映画『カメラを止めるな!』感想
予告編
↓
過去の感想文を投稿する記事【75】
うわー懐かしい。たしか口コミがキッカケでめちゃくちゃ話題になった本作。本文中にも「今年一番の話題作」なんて書いちゃってますが、あくまで当時の感想文のままなので、そこはご愛嬌。
というわけで本日投稿するのは、7月24日(月)にWOWOWにて放送予定の映画『カメラを止めるな!』の感想文ですー。そしてその翌日25日には、本作のリメイク作である『キャメラを止めるな!』も放送されるそうな。併せて観ても良いかもしれませんね。ちなみに両作品とも、8月にも放送予定なんだそうです。
噂に違わぬ面白さ
多分、今年一番の話題作ですよね。広めてくれた人達への感謝もそこそこに、改めて口コミの力を再認識させられます。大袈裟でも何でもなく正にアメリカンドリーム。宣伝力で劣ろうとも、その身一つ、地力さえあればここまで来られるんだ、という事実は映画業界をより一層盛り上げてくれるはず。ネタバレのレビューではありますが、観ていない方にはあまり意味がわからないとも思います。悪しからず。
そりゃあ序盤は戸惑いましたよ?「あれ、オレ観る作品間違えたかな?」ってくらいに笑。それはもう何もかもが、です。芝居、カメラワーク、謎の間、あやふやなメタフィクション感……etc. でも、全部回収してくれた! それが「全てを撮り終えた」という達成感と同時に襲ってくるから爽快感が半端じゃない。更にその着地が、主人公親子が物語序盤から抱えていた食い違いのような溝が埋まる瞬間でもあり、それが主人公のモノ作りのルーツ・根源とハッキリ繋がる瞬間でもあるんです。もうドラマとしての回収も完璧。この後味こそが、本作を超ヒット作へと押し上げた口コミを生み出した要因の一つだと思います。観終わった後の映画談義が盛り上がるのは、いわゆる良作である何よりの証。
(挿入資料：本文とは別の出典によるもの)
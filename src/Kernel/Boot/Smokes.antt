-- ===== src/Kernel/Boot/Smokes.antt =====
-- The builds whose `main` ends in a smoke test of the network (kernel/src/main.rs, the features net-smoke
-- and mesh-smoke; kernel/src/net/smoke.rs, `run`; kernel/src/net/mesh.rs, `smoke`). The set-up of the
-- interface and of the socket over a device is a parameter; `none` is a connection that is refused.
pub mod Ends
use apex_os_rv.Prelude.{
  ℕ, Option, none, some, List, [], ◌∷◌, ◌++◌, Text, codes, Outcome, returned, panicked, out_of_fuel,
}
use apex_os_rv.Str.Decimal.{digits}
use apex_os_rv.Protocol.Wire.{Wire}
use apex_os_rv.Kernel.Qemu.{exit_pass}
use apex_os_rv.Kernel.Probe.{Virtio, probe}
use apex_os_rv.Kernel.Console.{Console, ◌>>=◌, ◌>>◌, pure, println, unwrap}
use apex_os_rv.Kernel.Smoke.{EchoTcp, smoke}
use apex_os_rv.Kernel.Session.{WebSocket, Stream, Mesh}
use apex_os_rv.Kernel.Session.Client.{Handshake, establish, close_clean}
use apex_os_rv.Kernel.Boot.{init, handled}

-- A part that prints nothing.
abbrev quietly : {A : Type 0} → Outcome A → Console A
quietly o = ([], o)

abbrev pub echoed : Text
echoed = codes "net: tcp echo ok"

unfoldable pub session_line : ℕ → Text
session_line id = codes "mesh: session " ++ digits 20 id [] ++ codes " established"

-- `net::smoke::run`
unfoldable pub echo_gate :
    {Nic T : Type 0} → (Nic → Option T) → EchoTcp T → ℕ → Option Nic → Console ℕ
echo_gate connect tcp fuel found = do
  nic ← unwrap found
  socket ← unwrap (connect nic)
  quietly (smoke tcp fuel socket)
  println echoed
  pure exit_pass

module _ {w : Wire} {Ws Link Key : Type 0} (web : WebSocket Ws) (stream : Stream Link)
    (shake : Handshake w Ws Key) (rx_fuel : Mesh Ws Link → ℕ) (fuel : ℕ) (ws : Ws) where
  -- `net::mesh::smoke`
  unfoldable pub mesh_gate : {Nic : Type 0} → (Nic → Option Link) → Option Nic → Console ℕ
  mesh_gate connect found = do
    nic ← unwrap found
    link ← unwrap (connect nic)
    mesh ← quietly (establish web stream rx_fuel shake fuel ws link)
    println (session_line mesh.session_id)
    quietly (close_clean web stream fuel mesh)
    pure exit_pass

-- `main` with a gate, and the handler of its panics.
unfoldable pub smoke_kernel :
    {Transport Nic : Type 0}
    → Virtio Transport Nic
    → (Nic → ℕ → ℕ)
    → Text
    → (Option Nic → Console ℕ)
    → Console ℕ
smoke_kernel virtio mac_address info gate =
    handled info
      (do println (codes "apexos-rv: hart 0 online"); found ← init virtio mac_address; gate found)
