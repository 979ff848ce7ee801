-- ===== src/Kernel/Smoke/Ends.antt =====
-- How the echo smoke test ends (kernel/src/net/smoke.rs).
use apex_os_rv.Prelude.{
  ℕ, zero, suc, ◌+◌, ◌-◌, ◌*◌, ◌≤◌, ◌<◌, ◌≡◌, refl, true, false, not, ◌&&◌, Option, none, some,
  List, [], ◌++◌, take, length, ltb, leb, ◌==◌, list_eq, nat_eq, list_beq_iff, ltb_false→le, inl,
  inr, ◌⊎◌, Bool-cases, Outcome, returned, panicked, out_of_fuel, and_then, expect, arith,
}
use apex_os_rv.Kernel.Watchdog.{u64, wrapping_sub}
use apex_os_rv.Kernel.Watchdog.Round.{wrapping_sub-elapsed}
use apex_os_rv.Kernel.Smoke.{
  EchoTcp, Smoke, Step, passes, goes_on, ping, timeout_ticks, send_ping, judge, take_echo,
  smoke_round, idle, and_on, smoke_loop, smoke,
}

-- What a call may take at most: the timer wraps sixteen times later.
abbrev pub slow : ℕ
slow = 1152921504606846976

-- Every call takes some time, a wait at least a tick, and the timer reads the time, which may wrap.
pub record IsSteady {T : Type 0} (tcp : EchoTcp T) : Type 0 where
  pub time : T → ℕ
  pub reads : (t : T) → (tcp.mtime t).0 ≡ u64 (time t)
  pub mtime_takes :
      (t : T) → (time t ≤ time (tcp.mtime t).1) × (time (tcp.mtime t).1 ≤ time t + slow)
  pub poll_takes : (t : T) → (time t ≤ time (tcp.poll t)) × (time (tcp.poll t) ≤ time t + slow)
  pub send_takes :
      (bytes : List ℕ) (t : T) (r : ℕ × T)
      → tcp.send_slice bytes t ≡ some r
      → (time t ≤ time r.1) × (time r.1 ≤ time t + slow)
  pub recv_takes :
      (n : ℕ) (t : T) (r : List ℕ × T)
      → tcp.recv_slice n t ≡ some r
      → (time t ≤ time r.1) × (time r.1 ≤ time t + slow)
  pub wait_takes :
      (deadline : ℕ) (t : T)
      → (time t < time (tcp.wait deadline t)) × (time (tcp.wait deadline t) ≤ time t + slow)

module _ {T : Type 0} (tcp : EchoTcp T) (h : IsSteady tcp) where
  -- What the kernel may end with, and what a round may come to between two times.
  abbrev Ends : Outcome (Smoke T) → Type 0
  Ends (returned s) = take (length ping) s.buf ≡ ping
  Ends panicked = Unit {0}
  Ends out_of_fuel = ⊥

  abbrev Rounds : ℕ → ℕ → Outcome (Step T) → Type 0
  Rounds from to (returned (passes s)) = take (length ping) s.buf ≡ ping
  Rounds from to (returned (goes_on s)) = (from ≤ h.time s.socket) × (h.time s.socket ≤ to)
  Rounds from to panicked = Unit {0}
  Rounds from to out_of_fuel = ⊥

  judge-Rounds :
      (from to : ℕ) (s : Smoke T)
      → from ≤ h.time s.socket
      → h.time s.socket ≤ to
      → Rounds from to (judge tcp s)
  unfolding judge
  judge-Rounds from to s p q = elim (Bool-cases (leb (length ping) (length s.buf))) [
    | inl full ↦ elim (Bool-cases (take (length ping) s.buf == ping)) [
      | inl same ↦ rw (full, same) ((list_beq_iff (take (length ping) s.buf) ping).0 same)
      | inr other ↦ rw (full, other) tt
    ]
    | inr short ↦ rw short (p, q)
  ]

  received-Rounds :
      (from to : ℕ) (s : Smoke T) (o : Option (List ℕ × T))
      → tcp.recv_slice (64 - length s.buf) s.socket ≡ o
      → from ≤ h.time s.socket
      → h.time s.socket + slow ≤ to
      → Rounds from to
          (and_then (expect o) (λ r. judge tcp (record s { socket = r.1; buf = s.buf ++ r.0 })))
  received-Rounds from to s none e p q = tt
  received-Rounds from to s (some r) e p q =
      let takes = h.recv_takes (64 - length s.buf) s.socket r e in
      judge-Rounds from to (record s { socket = r.1; buf = s.buf ++ r.0 }) (omega (arith, takes))
        (omega (arith, takes))

  take_echo-Rounds :
      (from to : ℕ) (s : Smoke T)
      → from ≤ h.time s.socket
      → h.time s.socket + slow ≤ to
      → Rounds from to (take_echo tcp s)
  unfolding take_echo
  take_echo-Rounds from to s p q = elim (Bool-cases (s.sent && tcp.can_recv s.socket)) [
    | inl able ↦
        rw able (received-Rounds from to s (tcp.recv_slice (64 - length s.buf) s.socket) refl p q)
    | inr not_yet ↦ rw not_yet (p, omega arith)
  ]

  sent-Rounds :
      (from to : ℕ) (s : Smoke T) (o : Option (ℕ × T))
      → tcp.send_slice ping s.socket ≡ o
      → from ≤ h.time s.socket
      → h.time s.socket + 2 * slow ≤ to
      → Rounds from to (
          and_then
            (and_then (expect o) (λ r. returned (record s { socket = r.1; sent = true })))
            (take_echo tcp))
  sent-Rounds from to s none e p q = tt
  sent-Rounds from to s (some r) e p q =
      let takes = h.send_takes ping s.socket r e in
      take_echo-Rounds from to (record s { socket = r.1; sent = true }) (omega (arith, takes))
        (omega (arith, takes))

  send_ping-Rounds :
      (from to : ℕ) (s : Smoke T)
      → from ≤ h.time s.socket
      → h.time s.socket + 2 * slow ≤ to
      → Rounds from to (and_then (send_ping tcp s) (take_echo tcp))
  unfolding send_ping
  send_ping-Rounds from to s p q = elim (Bool-cases (not s.sent && tcp.can_send s.socket)) [
    | inl able ↦ rw able (sent-Rounds from to s (tcp.send_slice ping s.socket) refl p q)
    | inr not_yet ↦ rw not_yet (take_echo-Rounds from to s p (omega arith))
  ]

  -- A round that is overdue panics; any other ends well, or goes on a little later.
  smoke_round-Rounds :
      (start : ℕ) (s : Smoke T)
      → start ≤ h.time s.socket
      → h.time s.socket ≤ start + timeout_ticks + 8 * slow
      → (smoke_round tcp (u64 start) s ≡ panicked)
        ⊎ ((h.time s.socket ≤ start + timeout_ticks)
            × Rounds (h.time s.socket) (h.time s.socket + 4 * slow) (smoke_round tcp (u64 start) s))
  unfolding smoke_round
  smoke_round-Rounds start s p q =
      let elapsed : wrapping_sub (tcp.mtime s.socket).0 (u64 start) ≡ h.time s.socket - start =
        rw h.reads (wrapping_sub-elapsed start (h.time s.socket) p (omega arith)) in
      elim (Bool-cases (ltb timeout_ticks (h.time s.socket - start))) [
        | inl late ↦ rw elapsed (rw late (inl refl))
        | inr early ↦
            let polled = record s { socket = tcp.poll (tcp.mtime s.socket).1 } in
            rw elapsed (
              rw early (
                inr (
                  omega (arith, ltb_false→le timeout_ticks (h.time s.socket - start) early),
                  send_ping-Rounds (h.time s.socket) (h.time s.socket + 4 * slow) polled
                      (omega (arith, h.mtime_takes s.socket, h.poll_takes (tcp.mtime s.socket).1))
                      (omega (arith, h.mtime_takes s.socket, h.poll_takes (tcp.mtime s.socket).1)),
                )))
      ]

  idle-takes :
      (s : Smoke T)
      → (h.time s.socket < h.time (idle tcp s).socket)
        × (h.time (idle tcp s).socket ≤ h.time s.socket + 2 * slow)
  unfolding idle
  idle-takes s =
      let waits = h.wait_takes (u64 ((tcp.mtime s.socket).0 + 10000)) (tcp.mtime s.socket).1 in
      (omega (arith, h.mtime_takes s.socket, waits), omega (arith, h.mtime_takes s.socket, waits))

  and_on-Ends :
      (from to : ℕ) (o : Outcome (Step T)) (rest : Smoke T → Outcome (Smoke T))
      → Rounds from to o
      → ((s : Smoke T) → from < h.time s.socket → h.time s.socket ≤ to + 2 * slow → Ends (rest s))
      → Ends (and_then o (and_on tcp rest))
  and_on-Ends from to (returned (passes s)) rest r k = r
  and_on-Ends from to (returned (goes_on s)) rest (p, q) k =
      k (idle tcp s) (omega (arith, idle-takes s)) (omega (arith, idle-takes s))
  and_on-Ends from to panicked rest r k = tt
  and_on-Ends from to out_of_fuel rest r k = r

  smoke_loop-Ends :
      (fuel start : ℕ) (s : Smoke T)
      → start ≤ h.time s.socket
      → h.time s.socket ≤ start + timeout_ticks + 8 * slow
      → start + timeout_ticks + 1 - h.time s.socket < fuel
      → Ends (smoke_loop tcp fuel (u64 start) s)
  unfolding smoke_loop
  smoke_loop-Ends zero start s p q enough = absurd (omega arith)
  smoke_loop-Ends (suc fuel) start s p q enough = elim (smoke_round-Rounds start s p q) [
    | inl late ↦ rw late tt
    | inr (in_time, r) ↦
        and_on-Ends (h.time s.socket) (h.time s.socket + 4 * slow) (smoke_round tcp (u64 start) s)
          (smoke_loop tcp fuel (u64 start)) r
          (λ s' later soon. smoke_loop-Ends fuel start s' (omega arith) (omega arith) (omega arith))
  ]

  Ends-cases :
      (o : Outcome (Smoke T))
      → Ends o
      → (o ≡ panicked) ⊎ ((s : Smoke T) × (o ≡ returned s) × (take (length ping) s.buf ≡ ping))
  Ends-cases (returned s) e = inr (s, refl, e)
  Ends-cases panicked e = inl refl
  Ends-cases out_of_fuel e = absurd e

  -- When every call takes a sixteenth of the timer's range at most and every wait at least a
  -- tick, where the timer may wrap: with fuel for the ticks of the timeout, the echo test panics,
  -- or it returns and what arrived begins with the ping.
  pub smoke_total :
      (fuel : ℕ) (t : T)
      → timeout_ticks + 2 ≤ fuel
      → (smoke tcp fuel t ≡ panicked)
        ⊎ ((s : Smoke T) × (smoke tcp fuel t ≡ returned s) × (take (length ping) s.buf ≡ ping))
  unfolding smoke
  smoke_total fuel t enough = Ends-cases (smoke tcp fuel t) (
      rw h.reads (
        smoke_loop-Ends fuel (h.time t)
          (record { socket = (tcp.mtime t).1; sent = false; buf = [] })
          (omega (arith, h.mtime_takes t)) (omega (arith, h.mtime_takes t))
          (omega (arith, h.mtime_takes t))))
本作の一番素敵な所は “映画作り” という作り手側の世界観をエンターテイメントに昇華させていること。そこに介在する、映画やモノ作りへの愛、敬意が窺えること。初見では「監督の想いかな? 脚本家の本音かな?」と言わんばかりに “作り手側の代弁” のように感じられた初っ端の監督のブチ切れセリフも、制作過程を経て本番の撮影として観る2回目のそのセリフは、「オレら(観客)の代弁してくれてる!」って気持ちにさせられるんです。全く同じシーンなのに、物語を踏まえることで新たな意味を孕んだシーンへと変貌させてくれる、こういった反復と変化の表現なんか凄く面白い。
そのセリフが、ある種の主張のようにも見えるのですが、登場人物たちのそれぞれが役割ごとに様々なクセのある主張をする中で、一番かっこいいスカッとする主張を主人公に言わせるあたりは素晴らしい。
映画作りへの色んな敬意が詰まっている本作は、結果としては面白さのフリのようになってしまった『ワンカット・オブ・ザ・デッド』そのものに対しても同様にリスペクトが窺い知れます。“追いかけられると途中で必ず転ぶ”、“急いでいる時に限って車が動かない(本作では車のキーが見つからない)”、“助けを呼べない(圏外)”、“単独行動したものから死んでいくというお約束” などなど……。(主にB級)ホラー作品の鉄板法則を幾つも抑えているあたりは、おそらくそういった作品群へのオマージュ。エンドロールに撮影風景が流れるのも本当に素敵です。